By Erasmo Calzadilla, Photos: Irina Echarry

HAVANA TIMES, January 18 — Bruno is an old Doberman pinscher that I found all beat up a few years ago.  After feeding him and attending to his injuries with love, he became beautiful.  In fact he was so attractive that everyone liked him, especially the neighborhood dogs; but now he has some kind of skin disease again.  (Photo 1)

Earlier today, Irina and I took him to the Los Pinos veterinary clinic, a few miles from my house.  We made the trip on foot along the freeway the runs along the south edge of the city, and the following is what we experienced.  (Photo 2)

For people who are irresponsible, the sides of this freeway (known as “Ocho Vias,” or Eight lanes) are veritable garbage dumps; here they throw away anything that’s useless.  When beginning our trek, our welcome was a carpet of rotten oranges.  Fortunately fruit is biodegradable though, and later I’ll pick up some of these oranges to use for composting.  However, less than a half mile away, another more interesting surprise waited.   (Photo 3)

Thrown away for what appeared to be years were some 30-odd cans and a tank full of toxic industrial waste that included dimethyl benzene and derivatives of benzene – carcinogens.  The scent of the solvent thinned the atmosphere even for me, someone who has a terrible sense of smell.  (Photo 4)

What could we do about this?  Irina and I are looking for an institution here in Cuba where we can report the existence of polluting residuals and other substances that damage the ecosystem, but we haven’t found one.  If someone would like to give us a little direction, we’d appreciate it.   (Photo 5)

Thank God not everything is ugly along Ocho Vias.  Leafy carob trees with layers of yellow and white flowers can be enjoyed at times.  (Photo 6)  Irina told me that forests and fields like this make her hallucinate without wanting to when she’s stressed out, and I told her about some of my adventures with the entheogen that protects the seed of the Campanilla Blanca, one of the species of flowers that adorns the sides of the highway.  (Photo 7)

At the 100th Street exit ramp the ugliness promptly returned.   (Photo 8)  A dump of residential and industrial garbage was growing at the foot of the La Guinera neighborhood, and surrounding it was the dirtiest river I’d ever seen in my life.  (Photo 9)

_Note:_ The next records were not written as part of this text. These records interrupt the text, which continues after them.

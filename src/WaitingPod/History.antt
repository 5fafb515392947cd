-- ===== src/WaitingPod/History.antt =====
-- minisched/waitingpod/waitingpod.go: histories of calls on one waiting pod.
use mini_kube_scheduler.Common.{
  ℕ, ◌≡◌, refl, ap, true, false, List, [], ◌∷◌, Option, none, some, arith, inl, inr, Bool-cases,
  Option-cases, ◌⊎◌, ◌&&◌, ◌++◌, leb, nat_beq, length, length_zero,
}
use mini_kube_scheduler.Common.Keys.{Text, text_eq}
use mini_kube_scheduler.Common.Maps.{lookup, insert, delete}
use mini_kube_scheduler.Framework.{Framework, success, unschedulable}
use mini_kube_scheduler.WaitingPod.{
  Timer, stop, WaitingPod, get_signal, allow, reject, fire, run_fired, send, signal_if_done,
  stop_all, fire_timer,
}

pub data Event : Type 0 where
  allows : (plugin : Text) → Event
  rejects : (plugin msg : Text) → Event
  fires : (now : ℕ) (plugin : Text) → Event
  runs_fired : Event
  receives : Event

module _ ⦃fw : Framework⦄ where
  unfoldable pub received : WaitingPod → Option (fw.Status × WaitingPod) → WaitingPod
  received w none = w
  received w (some (status, v)) = v

module _ ⦃fw : Framework⦄ where
  -- A success in the channel means that no plugin is pending.
  abbrev pub IsSound : WaitingPod → Type 0
  IsSound w =
      (w.s ≡ none)
      ⊎ (status : fw.Status) × (w.s ≡ some status)
        × ((fw.is_success status ≡ false) ⊎ (w.pending_plugins ≡ []))

  send-IsSound :
      (status : fw.Status) (w : WaitingPod)
      → (fw.is_success status ≡ false) ⊎ (w.pending_plugins ≡ [])
      → IsSound w
      → IsSound (send status w)
  unfolding send
  send-IsSound status w h v = elim (Option-cases w.s) [
    | inl e ↦ rw (e, send) (inr (status, refl, h))
    | inr (old, e) ↦ rw (e, send) v
  ]

  is_success-new : fw.is_success (fw.new_status success []) ≡ true
  is_success-new =
      ground (arith, fw.is_success-code (fw.new_status success []), fw.code-new success [])

  not_success-rejected :
      (msg plugin : Text)
      → fw.is_success (fw.with_failed_plugin (fw.new_status unschedulable msg) plugin) ≡ false
  not_success-rejected msg plugin =
      let status = fw.new_status unschedulable msg in
      ground (
        arith,
        fw.is_success-code (fw.with_failed_plugin status plugin),
        fw.code-with status plugin,
        fw.code-new unschedulable msg,
      )

  -- New pending plugins, of which there are none where there were none.
  change-IsSound :
      (m : List (Text × Timer)) (w : WaitingPod)
      → (w.pending_plugins ≡ [] → m ≡ [])
      → IsSound w
      → IsSound (record w { pending_plugins = m })
  change-IsSound m w h (inl e) = inl e
  change-IsSound m w h (inr (status, e, inl f)) = inr (status, e, inl f)
  change-IsSound m w h (inr (status, e, inr n)) = inr (status, e, inr (h n))

  signal_if_done-IsSound : (w : WaitingPod) → IsSound w → IsSound (signal_if_done w)
  unfolding signal_if_done
  signal_if_done-IsSound w v = elim (Bool-cases (nat_beq (length w.pending_plugins) 0)) [
    | inl e ↦
        rw (e, signal_if_done)
          (send-IsSound (fw.new_status success []) w (inr (length_zero w.pending_plugins e)) v)
    | inr e ↦ rw (e, signal_if_done) v
  ]

  allow-IsSound : (plugin : Text) (w : WaitingPod) → IsSound w → IsSound (allow plugin w)
  unfolding allow
  allow-IsSound plugin w v =
      signal_if_done-IsSound _
        (change-IsSound (delete plugin w.pending_plugins) w (λ e. rw e refl) v)

  reject-IsSound : (plugin msg : Text) (w : WaitingPod) → IsSound w → IsSound (reject plugin msg w)
  unfolding reject
  reject-IsSound plugin msg w v =
      send-IsSound _ _ (inl (not_success-rejected msg plugin))
        (change-IsSound (stop_all w.pending_plugins) w (λ e. rw (e, stop_all) refl) v)

  fire-IsSound :
      (now : ℕ) (plugin : Text) (w : WaitingPod) → IsSound w → IsSound (fire now plugin w)
  unfolding fire
  fire-IsSound now plugin w v = elim (Option-cases (lookup plugin w.pending_plugins)) [
    | inl e ↦ rw (e, fire) v
    | inr (t, e) ↦ elim (Bool-cases (t.running && leb t.deadline now)) [
      | inl due ↦
          rw (e, fire, due, fire_timer)
            (change-IsSound (insert plugin (stop t) w.pending_plugins)
              (record w { fired = w.fired ++ (plugin, t.wait_time) ∷ [] })
              (λ n. absurd (ground (arith, ap (lookup plugin) n))) v)
      | inr idle ↦ rw (e, fire, idle, fire_timer) v
    ]
  ]

  received-IsSound : (w : WaitingPod) → IsSound w → IsSound (received w (get_signal w))
  unfolding received get_signal
  received-IsSound w v = elim (Option-cases w.s) [
    | inl e ↦ rw (e, get_signal) (inl refl)
    | inr (status, e) ↦ rw (e, get_signal) (inl refl)
  ]

module _ ⦃fw : Framework⦄ (message : ℕ → Text → Text) where
  unfoldable pub step : WaitingPod → Event → WaitingPod
  unfolding received
  step w (allows plugin) = allow plugin w
  step w (rejects plugin msg) = reject plugin msg w
  step w (fires now plugin) = fire now plugin w
  step w runs_fired = run_fired message w
  step w receives = received w (get_signal w)

  unfoldable pub run : WaitingPod → List Event → WaitingPod
  unfolding step
  run w [] = w
  run w (e ∷ es) = run (step w e) es

  run_fired-IsSound : (w : WaitingPod) → IsSound w → IsSound (run_fired message w)
  unfolding run_fired
  run_fired-IsSound w v = by_fired w.fired refl
    where
      by_fired : (l : List (Text × ℕ)) → w.fired ≡ l → IsSound (run_fired message w)
      by_fired [] e = rw (e, run_fired) v
      by_fired ((plugin, wait_time) ∷ rest) e =
          rw (e, run_fired)
            (reject-IsSound plugin (message wait_time plugin) (record w { fired = rest }) v)

  step-IsSound : (w : WaitingPod) (e : Event) → IsSound w → IsSound (step w e)
  unfolding step
  step-IsSound w (allows plugin) v = allow-IsSound plugin w v
  step-IsSound w (rejects plugin msg) v = reject-IsSound plugin msg w v
  step-IsSound w (fires now plugin) v = fire-IsSound now plugin w v
  step-IsSound w runs_fired v = run_fired-IsSound w v
  step-IsSound w receives v = received-IsSound w v

  pub run-IsSound : (w : WaitingPod) (es : List Event) → IsSound w → IsSound (run w es)
  unfolding run
  run-IsSound w [] v = v
  run-IsSound w (e ∷ es) v = run-IsSound (step w e) es (step-IsSound w e v)
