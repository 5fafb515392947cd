-- ===== src/WaitingPod/Verdicts.antt =====
-- minisched/waitingpod/waitingpod.go: which signal a waiting pod gets.
use mini_kube_scheduler.Common.{
  ℕ, ◌+◌, ◌≡◌, refl, sym, ◌∙◌, ap, true, List, [], ◌∷◌, some, arith, In, inl, inr, Bool-cases,
  Option-cases, ◌⊎◌, ◌&&◌, leb,
}
use mini_kube_scheduler.Common.Keys.{Text, text_eq, ◌==◌, eq_iff}
use mini_kube_scheduler.Common.Maps.{lookup, insert, delete, lookup-delete, lookup-insert}
use mini_kube_scheduler.Framework.{Framework, Pod}
use mini_kube_scheduler.WaitingPod.{
  Timer, stop, WaitingPod, new_waiting_pod, get_signal, allow, reject, fire, run_fired, send,
  signal_if_done, stop_all, fire_timer, start_timers,
}
use mini_kube_scheduler.WaitingPod.History.{
  Event, allows, rejects, fires, runs_fired, receives, step, run, run-IsSound, received,
}

-- A plugin has a timer in a map of pending plugins.
abbrev pub IsPending : Text → List (Text × Timer) → Type 0
IsPending k m = (t : Timer) × (lookup k m ≡ some t)

delete-IsPending :
    (k plugin : Text) (m : List (Text × Timer))
    → IsPending k m
    → (plugin ≡ k) ⊎ IsPending k (delete plugin m)
delete-IsPending k plugin m (t, e) = elim (Bool-cases (plugin == k)) [
  | inl same ↦ inl ((eq_iff plugin k).0 same)
  | inr other ↦ inr (t, lookup-delete plugin k m ∙ rw other e)
]

insert-IsPending :
    (k plugin : Text) (u : Timer) (m : List (Text × Timer))
    → IsPending k m
    → IsPending k (insert plugin u m)
insert-IsPending k plugin u m (t, e) = elim (Bool-cases (plugin == k)) [
  | inl same ↦ (u, lookup-insert plugin k u m ∙ rw same refl)
  | inr other ↦ (t, lookup-insert plugin k u m ∙ rw other e)
]

stop_all-IsPending : (k : Text) (m : List (Text × Timer)) → IsPending k m → IsPending k (stop_all m)
unfolding stop_all
stop_all-IsPending k [] (t, e) = cc
stop_all-IsPending k ((j, u) ∷ m) (t, e) = elim (Bool-cases (j == k)) [
  | inl same ↦ rw same (stop u, refl)
  | inr other ↦ rw other (stop_all-IsPending k m (t, ground arith))
]

pub start_timers-IsPending :
    (now : ℕ) (k : Text) (l : List (Text × ℕ)) (m : List (Text × Timer)) (d : ℕ)
    → (lookup k l ≡ some d) ⊎ IsPending k m
    → IsPending k (start_timers now l m)
unfolding start_timers
start_timers-IsPending now k [] m d (inl e) = cc
start_timers-IsPending now k [] m d (inr h) = h
start_timers-IsPending now k ((j, w) ∷ l) m d h =
    start_timers-IsPending now k l (insert j t m) d (elim (Bool-cases (j == k)) [
      | inl same ↦ inr (t, lookup-insert j k t m ∙ rw same refl)
      | inr other ↦ elim h [ inl e ↦ inl (ground arith) | inr p ↦ inr (insert-IsPending k j t m p) ]
    ])
  where
    t : Timer
    t = record { deadline = now + w; wait_time = w; running = true }

module _ ⦃fw : Framework⦄ where
  pub send-pending_plugins :
      (status : fw.Status) (w : WaitingPod) → (send status w).pending_plugins ≡ w.pending_plugins
  unfolding send
  send-pending_plugins status w = ground arith

  signal_if_done-pending_plugins :
      (w : WaitingPod) → (signal_if_done w).pending_plugins ≡ w.pending_plugins
  unfolding signal_if_done
  signal_if_done-pending_plugins w = ground arith

  pub allow-pending_plugins :
      (plugin : Text) (w : WaitingPod)
      → (allow plugin w).pending_plugins ≡ delete plugin w.pending_plugins
  unfolding allow
  allow-pending_plugins plugin w =
      signal_if_done-pending_plugins
        (record w { pending_plugins = delete plugin w.pending_plugins })

  reject-IsPending :
      (plugin msg : Text) (w : WaitingPod) (k : Text)
      → IsPending k w.pending_plugins
      → IsPending k (reject plugin msg w).pending_plugins
  unfolding reject
  reject-IsPending plugin msg w k p =
      rw (send-pending_plugins _ (record w { pending_plugins = stop_all w.pending_plugins }))
        (stop_all-IsPending k w.pending_plugins p)

  fire-IsPending :
      (now : ℕ) (plugin : Text) (w : WaitingPod) (k : Text)
      → IsPending k w.pending_plugins
      → IsPending k (fire now plugin w).pending_plugins
  unfolding fire
  fire-IsPending now plugin w k p = elim (Option-cases (lookup plugin w.pending_plugins)) [
    | inl e ↦ rw (e, fire) p
    | inr (t, e) ↦ elim (Bool-cases (t.running && leb t.deadline now)) [
      | inl due ↦
          rw (e, fire, due, fire_timer) (insert-IsPending k plugin (stop t) w.pending_plugins p)
      | inr idle ↦ rw (e, fire, idle, fire_timer) p
    ]
  ]

  receive-IsPending :
      (w : WaitingPod) (k : Text)
      → IsPending k w.pending_plugins
      → IsPending k (received w (get_signal w)).pending_plugins
  unfolding received get_signal
  receive-IsPending w k p = elim (Option-cases w.s) [
    | inl e ↦ rw (e, get_signal) p
    | inr (status, e) ↦ rw (e, get_signal) p
  ]

  run_fired-IsPending :
      (message : ℕ → Text → Text) (w : WaitingPod) (k : Text)
      → IsPending k w.pending_plugins
      → IsPending k (run_fired message w).pending_plugins
  unfolding run_fired
  run_fired-IsPending message w k p = by_fired w.fired refl
    where
      by_fired :
          (l : List (Text × ℕ)) → w.fired ≡ l → IsPending k (run_fired message w).pending_plugins
      by_fired [] e = rw (e, run_fired) p
      by_fired ((plugin, wait_time) ∷ rest) e =
          rw (e, run_fired)
            (reject-IsPending plugin (message wait_time plugin) (record w { fired = rest }) k p)

module _ ⦃fw : Framework⦄ (message : ℕ → Text → Text) where
  -- A plugin stops pending only by its own Allow.
  step-IsPending :
      (w : WaitingPod) (e : Event) (k : Text)
      → IsPending k w.pending_plugins
      → (e ≡ allows k) ⊎ IsPending k (step message w e).pending_plugins
  unfolding step
  step-IsPending w (allows plugin) k p = elim (delete-IsPending k plugin w.pending_plugins p) [
    | inl e ↦ inl (ap allows e)
    | inr q ↦ inr (rw (allow-pending_plugins plugin w) q)
  ]
  step-IsPending w (rejects plugin msg) k p = inr (reject-IsPending plugin msg w k p)
  step-IsPending w (fires now plugin) k p = inr (fire-IsPending now plugin w k p)
  step-IsPending w runs_fired k p = inr (run_fired-IsPending message w k p)
  step-IsPending w receives k p = inr (receive-IsPending w k p)

  run-allowed :
      (w : WaitingPod) (es : List Event) (k : Text)
      → IsPending k w.pending_plugins
      → (run message w es).pending_plugins ≡ []
      → In (allows k) es
  unfolding run
  run-allowed w [] k (t, p) e = absurd (ground (arith, ap (lookup k) e))
  run-allowed w (ev ∷ es) k p e = elim (step-IsPending w ev k p) [
    | inl here ↦ inl (sym here)
    | inr q ↦ inr (run-allowed (step message w ev) es k q e)
  ]

  signalled :
      (w : WaitingPod) {status : fw.Status} {v : WaitingPod}
      → get_signal w ≡ some (status, v)
      → w.s ≡ some status
  unfolding get_signal
  signalled w e = ground arith

  -- GetSignal returns a success only after every plugin that asked to wait has allowed the pod,
  -- whatever other calls, timers and receives come in between.
  pub success-allowed :
      (now : ℕ) (pod : Pod) (wait_times : List (Text × ℕ)) (es : List Event) (status : fw.Status)
      (v : WaitingPod) (k : Text) (wait_time : ℕ)
      → get_signal (run message (new_waiting_pod now pod wait_times) es) ≡ some (status, v)
      → fw.is_success status ≡ true
      → lookup k wait_times ≡ some wait_time
      → In (allows k) es
  unfolding new_waiting_pod
  success-allowed now pod wait_times es status v k wait_time got ok asked =
      run-allowed w es k (start_timers-IsPending now k wait_times [] wait_time (inl asked))
        none_left
    where
      w : WaitingPod
      w = new_waiting_pod now pod wait_times

      none_left : (run message w es).pending_plugins ≡ []
      none_left = elim (run-IsSound message w es (inl refl)) [
        | inl e ↦ absurd (cc (signalled (run message w es) got))
        | inr (old, e, inl f) ↦ absurd (cc (signalled (run message w es) got))
        | inr (old, e, inr n) ↦ n
      ]
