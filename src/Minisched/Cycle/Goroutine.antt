-- ===== src/Minisched/Cycle/Goroutine.antt =====
-- minisched/minisched.go: the goroutine that binds a pod, after the permit phase.
use mini_kube_scheduler.Common.{
  ℕ, ◌≡◌, ap, ◌∙◌, ◌⊎◌, inl, inr, true, ◌&&◌, List, arith, In, In→any, Option, none, some,
  Option-cases, Bool-cases, if◌then◌else◌,
}
use mini_kube_scheduler.Common.Keys.{Text, text_eq, ◌==◌, eq_refl}
use mini_kube_scheduler.Common.Maps.{lookup, delete, lookup-insert, lookup-delete}
use mini_kube_scheduler.Framework.{Framework, Pod, wait, is_success-with}
use mini_kube_scheduler.WaitingPod.{WaitingPod, new_waiting_pod, get_signal}
use mini_kube_scheduler.WaitingPod.History.{Event, allows, run}
use mini_kube_scheduler.WaitingPod.Verdicts.{success-allowed}
use mini_kube_scheduler.Minisched.Types.{PermitPlugin, Scheduler}
use mini_kube_scheduler.Minisched.Permits.{
  PermitRun, run_permit_plugins, wait_on_permit, signal_status, wait_error,
}
use mini_kube_scheduler.Minisched.Permits.Verdict.{
  key-lookup, has_key, waits, run_permit_plugins_lem,
}
use mini_kube_scheduler.Minisched.Cycle.{
  Binding, blocked, fails, bound, bind_pod, binding_cycle, error_func,
}

module _ ⦃fw : Framework⦄ where
  signal_status-success : (s : fw.Status) → fw.is_success (signal_status s) ≡ fw.is_success s
  unfolding signal_status
  signal_status-success s = elim (Bool-cases (fw.is_success s)) [
    | inl e ↦ ground (arith, fw.is_success-code fw.nil_status, fw.code-nil)
    | inr e ↦ ground (
      arith,
      is_success-with s (fw.failed_plugin s),
      is_success-with (fw.as_status (wait_error (fw.as_error s))) (fw.failed_plugin s),
      fw.is_success-code (fw.as_status (wait_error (fw.as_error s))),
      fw.code-as_status (wait_error (fw.as_error s)),
    )
  ]

  -- How the goroutine ends. A pod that is not waiting is bound, or put back if the API server
  -- refuses. A waiting pod blocks it until there is a signal; then the pod waits no more, and it is
  -- bound, unless the signal is no success or the API server refuses.
  pub binding_cycle_lem :
      (now : ℕ) (answer : Option Text) (b : Binding) (sched : Scheduler)
      → ((lookup b.pod.uid sched.waiting_pods ≡ none)
          × (binding_cycle now answer b sched ≡ bind_pod now answer b sched))
        ⊎ ((w : WaitingPod) × (lookup b.pod.uid sched.waiting_pods ≡ some w)
            × (w.s ≡ none)
            × (binding_cycle now answer b sched ≡ blocked))
        ⊎ (w : WaitingPod) × (s : fw.Status) × (lookup b.pod.uid sched.waiting_pods ≡ some w)
          × (w.s ≡ some s)
          × (binding_cycle now answer b sched ≡ (
              if fw.is_success s
              then bind_pod now answer b
                  (record sched { waiting_pods = delete b.pod.uid sched.waiting_pods })
              else fails (
                  error_func now b.pod none
                    (record sched { waiting_pods = delete b.pod.uid sched.waiting_pods }))))
  unfolding binding_cycle wait_on_permit get_signal
  binding_cycle_lem now answer b sched = elim (Option-cases (lookup b.pod.uid sched.waiting_pods)) [
    | inl e ↦ inl (e, ground (arith, fw.is_success-code fw.nil_status, fw.code-nil))
    | inr (w, e) ↦ elim (Option-cases w.s) [
      | inl f ↦ inr (inl (w, e, f, ground arith))
      | inr (s, f) ↦ inr (inr (w, s, e, f, ground (arith, signal_status-success s)))
    ]
  ]

  bound-signal :
      (now : ℕ) (b : Binding) (sched sched' : Scheduler) (w : WaitingPod)
      → lookup b.pod.uid sched.waiting_pods ≡ some w
      → binding_cycle now none b sched ≡ bound sched'
      → (s : fw.Status) × (w.s ≡ some s)
        × (fw.is_success s ≡ true)
        × (lookup b.pod.uid sched'.waiting_pods ≡ none)
  unfolding bind_pod
  bound-signal now b sched sched' w found h = elim (binding_cycle_lem now none b sched) [
    | inl (e, f) ↦ absurd (cc)
    | inr (inl (v, e, f, g)) ↦ absurd (cc)
    | inr (inr (v, s, e, f, g)) ↦ elim (Bool-cases (fw.is_success s)) [
      | inl ok ↦
          let same : bound (record sched { waiting_pods = delete b.pod.uid sched.waiting_pods })
              ≡ bound sched' =
            ground arith in
          (
            s,
            ground arith,
            ok,
            ground (
              arith,
              same,
              lookup-delete b.pod.uid b.pod.uid sched.waiting_pods,
              eq_refl b.pod.uid,
            ),
          )
      | inr bad ↦ absurd (ground arith)
    ]
  ]

  asked-allowed :
      (message : ℕ → Text → Text) (now : ℕ) (pod : Pod) (times : List (Text × ℕ)) (k : Text)
      (es : List Event) (s : fw.Status)
      → has_key k times ≡ true
      → (run message (new_waiting_pod now pod times) es).s ≡ some s
      → fw.is_success s ≡ true
      → In (allows k) es
  unfolding get_signal
  asked-allowed message now pod times k es s asked signal ok =
      let w = run message (new_waiting_pod now pod times) es in
      let got : get_signal w ≡ some (s, record w { s = none }) = ground arith in
      let (t, found) = key-lookup k times asked in
      success-allowed message now pod times es s (record w { s = none }) k t got ok found

  -- A pod for which RunPermitPlugins answered Wait, and that still waits after any calls, timers and
  -- receives, is bound only if every permit plugin that asked to wait has allowed it; the pod then
  -- waits no more.
  pub binding_cycle-allowed :
      (message : ℕ → Text → Text) (state : fw.CycleState) (pod : Pod) (node_name : Text)
      (permit_time bind_time : ℕ) (pls : List PermitPlugin)
      (waiting_pods : List (Text × WaitingPod)) (r : PermitRun) (pl : PermitPlugin) (w : WaitingPod)
      (es : List Event) (sched sched' : Scheduler)
      → run_permit_plugins permit_time state pod node_name pls waiting_pods ≡ some r
      → fw.code r.status ≡ wait
      → In pl pls
      → waits state pod node_name pl ≡ true
      → lookup pod.uid r.waiting_pods ≡ some w
      → lookup pod.uid sched.waiting_pods ≡ some (run message w es)
      → binding_cycle bind_time none (record { pod = pod; node_name = node_name }) sched
        ≡ bound sched'
      → In (allows pl.name) es × (lookup pod.uid sched'.waiting_pods ≡ none)
  binding_cycle-allowed message state pod node_name permit_time bind_time pls waiting_pods r pl w es
        sched sched' ran waiting member asks entry later h =
      let (s, signal, ok, gone) =
        bound-signal bind_time _ sched sched' (run message w es) later h in
      elim (run_permit_plugins_lem state pod node_name permit_time pls waiting_pods r pl.name ran) [
        | inl (refuser, i, refuses, rejection, name, same) ↦ absurd (ground arith)
        | inr (inl (all, one, code, times, entries, asked)) ↦
            let created : new_waiting_pod permit_time pod times ≡ w = ground (
              arith,
              ap (lookup pod.uid) entries,
              lookup-insert pod.uid pod.uid (new_waiting_pod permit_time pod times) waiting_pods,
              eq_refl pod.uid,
            ) in
            let listed =
              In→any (λ q. waits state pod node_name q && q.name == pl.name) pls pl member
                (ground (arith, eq_refl pl.name)) in
            (
              asked-allowed message permit_time pod times pl.name es s (asked ∙ listed)
                  (rw created signal) ok,
              gone,
            )
        | inr (inr (all, nobody, nil, same)) ↦ absurd (ground (arith, fw.code-nil))
      ]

On the side of the highway and standing out in the sun were two men trying to sell TV antennas.  The youngest was able to persist, but the older one finally had to sit down on the hot asphalt.  A wave of new “businesspeople” has sprouted up as a result of the mass government layoffs and with the help of new laws, but I don’t believe that licenses were issued for the selling of antennas, which means these guys could have been picked up at any moment.   (Photo 10)

Other fighters that we ran into were those who could almost be called miners of “recebo” (a mineral admixture of concrete).  They were digging a hole on the side of the highway, and in such a way that if they continued with the same momentum they would have soon gone under the whole road.

A few miles further on the pendulum again swung towards beauty.  (Photo 11) This past decade there began the construction of a beautiful neighborhood that today has almost been completed.  It is so new that no one knew what it was called or who would be its privileged occupants.  It had beautiful and varied architecture, not block after monotonous block of the same design like in the Electrico or Alamar neighborhoods.

Some of the units were already occupied, and from one of them a curious little dog didn’t miss a single footstep we took.   (Photo 12)

But when we ran into a crystalline stream we couldn’t have been any happier.  We were almost cheered up enough to take a drink, but we quickly noticed that its waters flowed out of a broken pipe. (Photo 13)

I’ve read in the conservative newspaper Granma that more than 60 percent of the water pumped in the city escapes through leaks.  This was one to them, and it was so old that a small forest had grown at its expense.  Havana is suffering from a drought, but it still hasn’t been possible to solve this problem. (Photo 14)

And speaking of leaks, in the middle of the “energy revolution,” street lights remained on even under the noontime sun.  (Photo 15)

Then, near our goal, we went by the famous 100th and Aldabo Street Police Station, jokingly referred to as the 100th and “the End” (“Acabo” in Spanish).  Behind the walls of the station a huge sign read “REVOLUTION IS FIDEL.”  We didn’t photograph it because we were seriously trying to make it to the clinic, without having any problems with the authorities.

Los Pinos is a normal neighborhood with modern one and two story houses, but it has a section where one can note its age. (Photo 16)  A train station in ruin and some beautiful large wooden houses with gable roofs survive from a past that is becoming blurred.   (Photo 17)

When we found the clinic it gave us a bad feeling from its being so shabby, but inside was a kind and attentive vet who restored our calm. (Photo 18)   A staphylococcus and a fungus were enjoying Bruno’s skin; now the problem is to get them to go and be headaches somewhere else.